:: Work instructions ::
Some of the lines below need repeating. Reproduce exactly those between the lines holding "(item : Fields) (path" and "message = m;", inclusive.

:: Entries supplied ::
####

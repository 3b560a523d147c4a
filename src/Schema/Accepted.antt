-- ===== src/Schema/Accepted.antt =====
-- What the validation of scanner findings lets through, and that nothing is lost without a report.
use code_analyzer.Prelude.{
  ℕ, suc, ◌+◌, ◌≤◌, ◌≡◌, refl, subst, true, false, ◌||◌, Option, none, some, List, [], ◌∷◌, ltb,
  length, arith, All, inl, inr, Bool-cases,
}
use code_analyzer.Prelude.Text.{Text, codes, is_empty}
use code_analyzer.Schema.Values.{
  ℤ, pos, negsuc, Float, Json, null, bool, int, real, str, arr, obj, Fields, in_unit, text_of,
  Digit, get, present,
}
use code_analyzer.Schema.{
  Outcome, ok, raised, ◌>>=◌, max_line, severities, finding_categories, one_of, Reason, Finding,
  line_number, check_range, both_numbers, entries_range, values_range, line_range_of, cwe_of,
  confidence_of, Checked, accepted, dropped, check_confidence, check_cwe, check_span,
  validate_fields, validate, collect, unit_float, float_of_int, declared_cwe, range_value, respell,
  category_spellings, lower, add_checked, add_confidence, declare_confidence, add_cwe, declare_cwe,
  second_entry,
}

-- The condition on the value, where there is one.
abbrev pub Post : {A : Type 0} → (A → Type 0) → Outcome A → Type 0
Post P (ok a) = P a
Post P raised = Unit

pub Post-bind :
    {A B : Type 0} (P : A → Type 0) (Q : B → Type 0) (m : Outcome A) (f : A → Outcome B)
    → Post P m
    → ((a : A) → P a → Post Q (f a))
    → Post Q (m >>= f)
Post-bind P Q (ok a) f h k = k a h
Post-bind P Q raised f h k = tt

pub Post-any : {A : Type 0} (m : Outcome A) → Post (λ _. Unit) m
Post-any raised = tt
Post-any (ok a) = tt

abbrev pub InRange : ℕ × ℕ → Type 0
InRange span = (1 ≤ span.0) × (span.0 ≤ span.1) × (span.1 ≤ max_line)

abbrev IfSome : {A : Type 0} → (A → Type 0) → Option A → Type 0
IfSome P none = Unit
IfSome P (some a) = P a

check_range-InRange : (a b : ℤ) → IfSome InRange (check_range a b)
check_range-InRange (pos a) (pos b) = elim (Bool-cases (ltb a 1 || ltb b a || ltb max_line b)) [
  | inl e ↦ rw e tt
  | inr e ↦ rw e (ground arith, ground arith, ground arith)
]
check_range-InRange (pos a) (negsuc b) = tt
check_range-InRange (negsuc a) b = tt

abbrev SpanOk : Option (ℕ × ℕ) × Reason → Type 0
SpanOk r = IfSome InRange r.0

both_numbers-SpanOk : (a b : Option ℤ) → SpanOk (both_numbers a b)
both_numbers-SpanOk none b = tt
both_numbers-SpanOk (some a) none = tt
both_numbers-SpanOk (some a) (some b) = check_range-InRange a b

-- A finding that the later stages may rely on.
pub record IsWellFormed (f : Finding) : Type 0 where
  pub file : is_empty f.file ≡ false
  pub message : is_empty f.message ≡ false
  pub category : one_of finding_categories f.category ≡ true
  pub severity : one_of severities f.severity ≡ true
  pub span : InRange f.line_range
  pub line : f.line ≡ f.line_range.0
  pub confidence : IfSome (λ c. in_unit c ≡ true) f.confidence

abbrev CheckedOk : Checked → Type 0
CheckedOk (accepted f) = IsWellFormed f
CheckedOk (dropped reason) = Unit

unit_float-in_unit : (f : Float) → IfSome (λ c. in_unit c ≡ true) (unit_float f)
unit_float-in_unit f = elim (Bool-cases (in_unit f)) [ inl e ↦ rw e e | inr e ↦ rw e tt ]

confidence_of-in_unit : (v : Json) → Post (IfSome (λ c. in_unit c ≡ true)) (confidence_of v)
unfolding confidence_of
confidence_of-in_unit (int n) = go (float_of_int n)
  where
    go : (m : Outcome Float) → Post (IfSome (λ c. in_unit c ≡ true)) (m >>= λ f. ok (unit_float f))
    go raised = tt
    go (ok f) = unit_float-in_unit f
confidence_of-in_unit (real f) = unit_float-in_unit f
confidence_of-in_unit null = tt
confidence_of-in_unit (bool b) = tt
confidence_of-in_unit (str s) = tt
confidence_of-in_unit (arr xs) = tt
confidence_of-in_unit (obj xs) = tt

confidence_added-CheckedOk :
    (f : Finding) (c : Option Float)
    → IsWellFormed f
    → IfSome (λ c. in_unit c ≡ true) c
    → CheckedOk (add_confidence f c)
confidence_added-CheckedOk f none h p = tt
confidence_added-CheckedOk f (some c) h p = record {
  file = h.file;
  message = h.message;
  category = h.category;
  severity = h.severity;
  span = h.span;
  line = h.line;
  confidence = p;
}

declare_confidence-CheckedOk :
    (f : Finding) (o : Option Json) → IsWellFormed f → Post CheckedOk (declare_confidence f o)
declare_confidence-CheckedOk f none h = h
declare_confidence-CheckedOk f (some v) h =
    Post-bind (IfSome (λ c. in_unit c ≡ true)) CheckedOk (confidence_of v)
      (λ c. ok (add_confidence f c)) (confidence_of-in_unit v)
      (λ c p. confidence_added-CheckedOk f c h p)

check_confidence-CheckedOk :
    (item : Fields) (f : Finding) → IsWellFormed f → Post CheckedOk (check_confidence item f)
unfolding check_confidence
check_confidence-CheckedOk item f =
    declare_confidence-CheckedOk f (present (get (codes "confidence") item))

add_cwe-CheckedOk :
    (item : Fields) (f : Finding) (n : Option ℕ)
    → IsWellFormed f
    → Post CheckedOk (add_cwe item f n)
add_cwe-CheckedOk item f none h = tt
add_cwe-CheckedOk item f (some n) h =
    check_confidence-CheckedOk item (record f { cwe = some n })
      (record {
        file = h.file;
        message = h.message;
        category = h.category;
        severity = h.severity;
        span = h.span;
        line = h.line;
        confidence = h.confidence;
      })

abbrev Accounts : ℕ → List Finding × List (ℕ × Reason) → Type 0
Accounts n r = All IsWellFormed r.0 × (length r.0 + length r.1 ≡ n)

module _ (unicode : ℕ → Digit) where
  second_entry-SpanOk : (b : Json) (a : Option ℤ) → Post SpanOk (second_entry unicode b a)
  second_entry-SpanOk b none = tt
  second_entry-SpanOk b (some a) =
      Post-bind (λ _. Unit) SpanOk (line_number unicode b) (λ last. ok (both_numbers (some a) last))
        (Post-any (line_number unicode b)) (λ last _. both_numbers-SpanOk (some a) last)

  entries_range-SpanOk : (a b : Json) → Post SpanOk (entries_range unicode a b)
  unfolding entries_range
  entries_range-SpanOk a b =
      Post-bind (λ _. Unit) SpanOk (line_number unicode a) (second_entry unicode b)
        (Post-any (line_number unicode a)) (λ first _. second_entry-SpanOk b first)

  values_range-SpanOk : (vs : Option (List Json)) → Post SpanOk (values_range unicode vs)
  values_range-SpanOk none = tt
  values_range-SpanOk (some []) = tt
  values_range-SpanOk (some (a ∷ [])) = entries_range-SpanOk a a
  values_range-SpanOk (some (a ∷ b ∷ [])) = entries_range-SpanOk a b
  values_range-SpanOk (some (a ∷ b ∷ c ∷ rest)) = tt

  declare_cwe-CheckedOk :
      (item : Fields) (f : Finding) (o : Option Json)
      → IsWellFormed f
      → Post CheckedOk (declare_cwe unicode item f o)
  declare_cwe-CheckedOk item f none h = check_confidence-CheckedOk item f h
  declare_cwe-CheckedOk item f (some v) h = add_cwe-CheckedOk item f (cwe_of unicode v) h

  check_span-CheckedOk :
      (item : Fields) (path message category severity : Text) (r : Option (ℕ × ℕ) × Reason)
      → is_empty path ≡ false
      → is_empty message ≡ false
      → one_of finding_categories category ≡ true
      → one_of severities severity ≡ true
      → SpanOk r
      → Post CheckedOk (check_span unicode item path message category severity r)
  unfolding check_span check_cwe
  check_span-CheckedOk item path message category severity (none, reason) p m c s h = tt
  check_span-CheckedOk item path message category severity (some span, reason) p m c s h =
      declare_cwe-CheckedOk item _ (declared_cwe (present (get (codes "cwe") item))) (record {
        file = p;
        message = m;
        category = c;
        severity = s;
        span = h;
        line = refl;
        confidence = tt;
      })

  fields-CheckedOk : (item : Fields) → Post CheckedOk (validate_fields unicode item)
  unfolding validate_fields line_range_of
  fields-CheckedOk item =
      let path = text_of (get (codes "file") item) in
      let message = text_of (get (codes "message") item) in
      let category = respell category_spellings (lower (text_of (get (codes "category") item))) in
      let severity = lower (text_of (get (codes "severity") item)) in
      elim (Bool-cases (is_empty path)) [
        | inl p ↦ rw p tt
        | inr p ↦ rw p elim (Bool-cases (is_empty message)) [
          | inl m ↦ rw m tt
          | inr m ↦ rw m elim (Bool-cases (one_of finding_categories category)) [
            | inr c ↦ rw c tt
            | inl c ↦ rw c elim (Bool-cases (one_of severities severity)) [
              | inr s ↦ rw s tt
              | inl s ↦ rw s (
                  Post-bind SpanOk CheckedOk (values_range unicode (range_value item))
                    (check_span unicode item path message category severity)
                    (values_range-SpanOk (range_value item))
                    (λ r h. check_span-CheckedOk item path message category severity r p m c s h))
            ]
          ]
        ]
      ]

  item-CheckedOk : (item : Json) → Post CheckedOk (validate unicode item)
  unfolding validate
  item-CheckedOk (obj item) = fields-CheckedOk item
  item-CheckedOk (arr item) = tt
  item-CheckedOk (str item) = tt
  item-CheckedOk (bool item) = tt
  item-CheckedOk (int item) = tt
  item-CheckedOk (real item) = tt
  item-CheckedOk null = tt

  -- Every finding that the validation lets through names a file and says something, has a
  -- category and a severity of the declared vocabularies, 1 ≤ start ≤ end ≤ 1000000 as its lines
  -- with the first as its line, and a confidence, where it has one, between 0 and 1.
  pub validate-IsWellFormed :
      (item : Json) (f : Finding) → validate unicode item ≡ ok (accepted f) → IsWellFormed f
  validate-IsWellFormed item f e = subst (Post CheckedOk) e (item-CheckedOk item)

  add_checked-Accounts :
      (index n : ℕ) (checked : Checked) (rest : List Finding × List (ℕ × Reason))
      → CheckedOk checked
      → Accounts n rest
      → Accounts (suc n) (add_checked index checked rest)
  add_checked-Accounts index n (accepted f) rest h r = ((h, r.0), (omega arith))
  add_checked-Accounts index n (dropped reason) rest h r = (r.0, (omega arith))

  collect-Accounts :
      (index : ℕ) (items : List Json) → Post (Accounts (length items)) (collect unicode index items)
  unfolding collect
  collect-Accounts index [] = (tt, refl)
  collect-Accounts index (item ∷ items) =
      Post-bind CheckedOk (Accounts (suc (length items))) (validate unicode item) _
        (item-CheckedOk item)
        (λ checked h.
          Post-bind (Accounts (length items)) (Accounts (suc (length items)))
            (collect unicode (index + 1) items) (λ rest. ok (add_checked index checked rest))
            (collect-Accounts (index + 1) items)
            (λ rest r. add_checked-Accounts index (length items) checked rest h r))

  -- Where `parse_findings` returns, its findings and its problem reports are as many as the
  -- response has items, and each finding is one that the later stages may rely on.
  pub collect-accounts :
      (index : ℕ) (items : List Json) (findings : List Finding) (errors : List (ℕ × Reason))
      → collect unicode index items ≡ ok (findings, errors)
      → All IsWellFormed findings × (length findings + length errors ≡ length items)
  collect-accounts index items findings errors e =
      subst (Post (Accounts (length items))) e (collect-Accounts index items)
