-- ===== src/Schema/Extract.antt =====
-- code_analyzer/harness/schema.py: how the findings are looked for in a response. `loads` stands
-- for `json.loads`, with none where it raises one of the three exceptions that are caught;
-- `fenced` for the groups of `_FENCE` and `unopened` for `_FENCE_OPENER.sub("", _)`.
pub mod Repair
pub mod Spans
pub mod Payload
use code_analyzer.Prelude.{
  ℕ, zero, suc, ◌+◌, ◌-◌, Bool, true, false, ◌&&◌, ◌||◌, not, Option, none, some, List, [], ◌∷◌,
  ◌++◌, map, ◌==◌, if◌then◌else◌, take, foldl, ◌⊎◌, inl, inr,
}
use code_analyzer.Prelude.Text.{Text, codes, is_space, is_empty, strip, lstrip}
use code_analyzer.Schema.Values.{Json, Items, arr, obj, Fields, elements, get, end, field, Digit}
use code_analyzer.Schema.{Outcome, ok, ◌>>=◌, Finding, Reason, collect}
use mathlib.Core.List.{reverse}
use mathlib.Core.Option

-- Where a scan stands: outside a string, in one, or in one behind a backslash.
pub data Place : Type 0 where
  outside inside escaped : Place

abbrev pub closer_of : ℕ → Option ℕ
closer_of c = if c == b'{' then some b'}' else if c == b'[' then some b']' else none

-- What one character does inside a string.
abbrev pub in_string : Place → ℕ → Place
in_string escaped c = inside
in_string p c = if c == b'\\' then escaped else if c == b'"' then outside else inside

abbrev scan_step : ℕ → ℕ → ℕ → Place → ℕ → ℕ × Place
scan_step opener closer depth outside c =
    if c == b'"'
    then (depth, inside)
    else if c == opener
    then (depth + 1, outside)
    else if c == closer
    then (depth - 1, outside)
    else (depth, outside)
scan_step opener closer depth p c = (depth, in_string p c)

abbrev closes : ℕ → ℕ → ℕ → Place → ℕ → Bool
closes opener closer depth outside c =
    not (c == b'"') && not (c == opener) && c == closer && depth - 1 == 0
closes opener closer depth p c = false

-- `_matching` from an index on, as the count of characters in front of the closer. The scan begins
-- at an opener, so that the depth at a closer is at least 1.
unfoldable pub matching : ℕ → ℕ → ℕ → Place → Text → Option ℕ
matching opener closer depth p [] = none
matching opener closer depth p (c ∷ s) =
    let next = scan_step opener closer depth p c in
    let rest = matching opener closer next.0 next.1 s in
    if closes opener closer depth p c then some 0 else Option.map suc rest

-- The distance from the first character to the closer, where the character is an opener.
pub span_at : Text → Option ℕ
span_at [] = none
span_at (c ∷ s) = elim (closer_of c) [
  | none ↦ none
  | some closer ↦ matching c closer 0 outside (c ∷ s)
]

-- `_spans` from an index on; `skip` characters more belong to the span found last.
unfoldable pub spans : (skip : ℕ) → Text → List Text
spans skip [] = []
spans (suc skip) (c ∷ s) = spans skip s
spans zero (c ∷ s) = elim (span_at (c ∷ s)) [
  | none ↦ spans 0 s
  | some n ↦ take (suc n) (c ∷ s) ∷ spans n s
]

abbrev drop_comma : Text → Text
drop_comma [] = []
drop_comma (c ∷ out) = if c == b',' then out else c ∷ out

-- One round of `_drop_trailing_commas`; `out` has its last character first.
abbrev pub drop_step : Text × Place → ℕ → Text × Place
drop_step (out, outside) c =
    if c == b'"'
    then (c ∷ out, inside)
    else if c == b'}' || c == b']'
    then (c ∷ drop_comma (lstrip out), outside)
    else (c ∷ out, outside)
drop_step (out, p) c = (c ∷ out, in_string p c)

-- `_drop_trailing_commas`
pub drop_trailing_commas : Text → Text
drop_trailing_commas t = reverse (foldl drop_step ([], outside) t).0

-- What stands behind the last fence, where there is one.
abbrev behind_fence : Text → Option Text
behind_fence (a ∷ b ∷ c ∷ s) = if a == b'`' && b == b'`' && c == b'`' then some s else none
behind_fence _ = none

pub behind_last_fence : Text → Option Text
behind_last_fence [] = none
behind_last_fence (c ∷ s) = elim (behind_last_fence s) [
  | some rest ↦ some rest
  | none ↦ behind_fence (c ∷ s)
]

-- The problem of a response that has no findings.
pub data Problem : Type 0 where
  empty_response no_json not_a_container no_array : Problem

pub data Found : Type 0 where
  found : List Json → Found
  missing : Problem → Found

-- `_looks_like_finding`
abbrev pub looks_like_finding : Fields → Bool
looks_like_finding fields =
    is_some (get (codes "file") fields) && is_some (get (codes "message") fields)
  where
    is_some : Option Json → Bool
    is_some none = false
    is_some (some _) = true

-- The first value that is an object with findings in it.
abbrev first_nested : (Fields → Found) → Fields → Option (List Json)
first_nested look end = none
first_nested look (field k (obj fields) rest) = elim (look fields) [
  | found items ↦ some items
  | missing _ ↦ first_nested look rest
]
first_nested look (field k _ rest) = first_nested look rest

abbrev pub or_itself : Fields → Option (List Json) → Found
or_itself fields (some items) = found items
or_itself fields none =
    if looks_like_finding fields then found (obj fields ∷ []) else missing no_array

-- `_findings_array` of an object; `levels` is 3 - depth.
pub fields_array : (levels : ℕ) → Fields → Found
fields_array zero fields = elim (get (codes "findings") fields) [
  | some (arr items) ↦ found (elements items)
  | _ ↦ or_itself fields none
]
fields_array (suc levels) fields = elim (get (codes "findings") fields) [
  | some (arr items) ↦ found (elements items)
  | _ ↦ or_itself fields (first_nested (fields_array levels) fields)
]

-- `_findings_array` of what `json.loads` returned
pub findings_array : Json → Found
findings_array (arr items) = found (elements items)
findings_array (obj fields) = fields_array 3 fields
findings_array _ = missing not_a_container

abbrev pub or_problem : Option Problem → Problem → Problem
or_problem (some p) q = p
or_problem none q = q

module _ (fenced : Text → List Text) (unopened : Text → Text) where
  -- `_candidates`
  unfoldable pub candidates : Text → List Text
  candidates text =
      (strip text ∷ map strip (fenced text))
      ++ (elim (behind_last_fence text) [ none ↦ [] | some rest ↦ strip (unopened rest) ∷ [] ])
      ++ spans 0 text

module _ (loads : Text → Option Json) where
  -- The first attempt at a candidate that `json.loads` reads.
  unfoldable pub attempt : Text → Option Json
  attempt candidate = elim (loads candidate) [
    | some value ↦ some value
    | none ↦ loads (drop_trailing_commas candidate)
  ]

  -- The loop of `_payload` over the candidates, with its `fallback`.
  pub first_found : Option Problem → List Text → Found
  first_found fallback [] = missing (or_problem fallback no_json)
  first_found fallback (candidate ∷ rest) = elim (attempt candidate) [
    | none ↦ first_found fallback rest
    | some value ↦ elim (findings_array value) [
      | found items ↦ found items
      | missing problem ↦ first_found (some (or_problem fallback problem)) rest
    ]
  ]

-- `_payload`
pub payload :
    (loads : Text → Option Json) (fenced : Text → List Text) (unopened : Text → Text) → Text → Found
payload loads fenced unopened text =
    if is_empty (strip text)
    then missing empty_response
    else first_found loads none (candidates fenced unopened text)

-- `parse_findings`; a response that no findings are read from is one problem report.
pub parse_findings :
    (unicode : ℕ → Digit) (loads : Text → Option Json) (fenced : Text → List Text)
    (unopened : Text → Text)
    → Text
    → Outcome (Found ⊎ (List Finding × List (ℕ × Reason)))
parse_findings unicode loads fenced unopened text = elim (payload loads fenced unopened text) [
  | missing problem ↦ ok (inl (missing problem))
  | found items ↦ collect unicode 0 items >>= λ r. ok (inr r)
]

####

:: Finished exercise ::
      (item : Fields) (path message category severity : Text) (r : Option (ℕ × ℕ) × Reason)
      → is_empty path ≡ false
      → is_empty message ≡ false
      → one_of finding_categories category ≡ true
      → one_of severities severity ≡ true
      → SpanOk r
      → Post CheckedOk (check_span unicode item path message category severity r)
  unfolding check_span check_cwe
  check_span-CheckedOk item path message category severity (none, reason) p m c s h = tt
  check_span-CheckedOk item path message category severity (some span, reason) p m c s h =
      declare_cwe-CheckedOk item _ (declared_cwe (present (get (codes "cwe") item))) (record {
        file = p;
        message = m;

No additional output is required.